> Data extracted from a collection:
-- ===== src/Threads/Guarded.antt =====
-- Which lock guards which part of the state (agente_c/src/resource_manager.c): the table of jobs, each
-- resource, the two other tables, and what is sent over a connection.
use tp_sist_op.Prelude.{
  ℕ, true, false, List, [], ◌∷◌, ◌≡◌, refl, ap, arith, ◌==◌, ==_iff, if◌then◌else◌,
}
use tp_sist_op.ResourceTypes.{Resource, cpu, mem, gpu, resource_eq}
use tp_sist_op.Jobs.{TablaJobs, Message}
use tp_sist_op.Conns.{TablaConns}
use tp_sist_op.Nodes.{TablaNodos}
use tp_sist_op.Manager.{Recurso, ResourceManager, Dest, Sent, recurso, set_recurso, send_message}
use tp_sist_op.Threads.{Lock, holds, lock_eq}

-- What was sent over one connection, newest first.
unfoldable pub sent_to : ℕ → List Sent → List Sent
sent_to c [] = []
sent_to c (s ∷ out) = if s.conn == c then s ∷ sent_to c out else sent_to c out

-- `f` changes only what one of these locks guards.
pub record IsGuarded (held : List Lock) (f : ResourceManager → ResourceManager) : Type 0 where
  pub recursos :
      (t : Resource) (m : ResourceManager)
      → holds (Lock.recurso t) held ≡ false
      → recurso t (f m) ≡ recurso t m
  pub jobs : (m : ResourceManager) → holds Lock.tabla held ≡ false → (f m).tabla ≡ m.tabla
  pub known : (m : ResourceManager) → holds Lock.conns held ≡ false → (f m).conns ≡ m.conns
  pub nodes : (m : ResourceManager) → holds Lock.nodos held ≡ false → (f m).nodos ≡ m.nodos
  pub sent :
      (c : ℕ) (m : ResourceManager)
      → holds (Lock.write c) held ≡ false
      → sent_to c (f m).out ≡ sent_to c m.out
  pub own_ip : (m : ResourceManager) → (f m).ip ≡ m.ip

pub look-IsGuarded : (held : List Lock) → IsGuarded held (λ m. m)
look-IsGuarded held = record {
  recursos = λ t m h. refl;
  jobs = λ m h. refl;
  known = λ m h. refl;
  nodes = λ m h. refl;
  sent = λ c m h. refl;
  own_ip = λ m. refl;
}

other_recurso :
    (t u : Resource) (r : Recurso) (m : ResourceManager)
    → resource_eq u t ≡ false
    → recurso u (set_recurso t r m) ≡ recurso u m
unfolding recurso set_recurso resource_eq
other_recurso cpu cpu r m h = cc
other_recurso cpu mem r m h = refl
other_recurso cpu gpu r m h = refl
other_recurso mem cpu r m h = refl
other_recurso mem mem r m h = cc
other_recurso mem gpu r m h = refl
other_recurso gpu cpu r m h = refl
other_recurso gpu mem r m h = refl
other_recurso gpu gpu r m h = cc

-- What a write of a resource leaves alone.
module _ (r : Recurso) (m : ResourceManager) where
  set_recurso-rest :
      (t : Resource)
      → ((set_recurso t r m).tabla ≡ m.tabla)
        × ((set_recurso t r m).conns ≡ m.conns)
        × ((set_recurso t r m).nodos ≡ m.nodos)
        × ((set_recurso t r m).out ≡ m.out)
        × ((set_recurso t r m).ip ≡ m.ip)
  unfolding set_recurso
  set_recurso-rest cpu = (refl, refl, refl, refl, refl)
  set_recurso-rest mem = (refl, refl, refl, refl, refl)
  set_recurso-rest gpu = (refl, refl, refl, refl, refl)

pub set_recurso-IsGuarded :
    (t : Resource) (g : ResourceManager → Recurso) (held : List Lock)
    → IsGuarded (Lock.recurso t ∷ held) (λ m. set_recurso t (g m) m)
unfolding holds lock_eq
set_recurso-IsGuarded t g held = record {
  recursos = λ u m h. other_recurso t u (g m) m (ground arith);
  jobs = λ m h. (set_recurso-rest (g m) m t).0;
  known = λ m h. (set_recurso-rest (g m) m t).1;
  nodes = λ m h. (set_recurso-rest (g m) m t).2;
  sent = λ c m h. ap (sent_to c) (set_recurso-rest (g m) m t).3;
  own_ip = λ m. (set_recurso-rest (g m) m t).4;
}

same_recursos :
    (t : Resource) (m n : ResourceManager)
    → m.recurso_cpu ≡ n.recurso_cpu
    → m.recurso_mem ≡ n.recurso_mem
    → m.recurso_gpu ≡ n.recurso_gpu
    → recurso t m ≡ recurso t n
unfolding recurso
same_recursos cpu m n a b c = a
same_recursos mem m n a b c = b
same_recursos gpu m n a b c = c

pub set_tabla-IsGuarded :
    (g : ResourceManager → TablaJobs) (held : List Lock)
    → holds Lock.tabla held ≡ true
    → IsGuarded held (λ m. record m { tabla = g m })
set_tabla-IsGuarded g held owned = record {
  recursos = λ t m h. same_recursos t _ m refl refl refl;
  jobs = λ m h. cc;
  known = λ m h. refl;
  nodes = λ m h. refl;
  sent = λ c m h. refl;
  own_ip = λ m. refl;
}

pub set_conns-IsGuarded :
    (g : ResourceManager → TablaConns) (held : List Lock)
    → IsGuarded (Lock.conns ∷ held) (λ m. record m { conns = g m })
unfolding holds lock_eq
set_conns-IsGuarded g held = record {
  recursos = λ t m h. same_recursos t _ m refl refl refl;
  jobs = λ m h. refl;
  known = λ m h. cc;
  nodes = λ m h. refl;
  sent = λ c m h. refl;
  own_ip = λ m. refl;
}

pub set_nodos-IsGuarded :
    (g : ResourceManager → TablaNodos) (held : List Lock)
    → IsGuarded (Lock.nodos ∷ held) (λ m. record m { nodos = g m })
unfolding holds lock_eq
set_nodos-IsGuarded g held = record {
  recursos = λ t m h. same_recursos t _ m refl refl refl;
  jobs = λ m h. refl;
  known = λ m h. refl;
  nodes = λ m h. cc;
  sent = λ c m h. refl;
  own_ip = λ m. refl;
}

pub send_message-IsGuarded :
    (c : ℕ) (d : Dest) (msg : Message) (held : List Lock)
    → IsGuarded (Lock.write c ∷ held) (send_message c d msg)
unfolding holds lock_eq send_message sent_to
send_message-IsGuarded c d msg held = record {
  recursos = λ t m h. same_recursos t _ m refl refl refl;
  jobs = λ m h. refl;
  known = λ m h. refl;
  nodes = λ m h. refl;
  sent = λ x m h. ground (arith, ==_iff x c, ==_iff c x);
  own_ip = λ m. refl;
}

> Work item:
Could you state how many lines of the data include the word "write"? Only the number is needed.

> Answer for this exercise:
3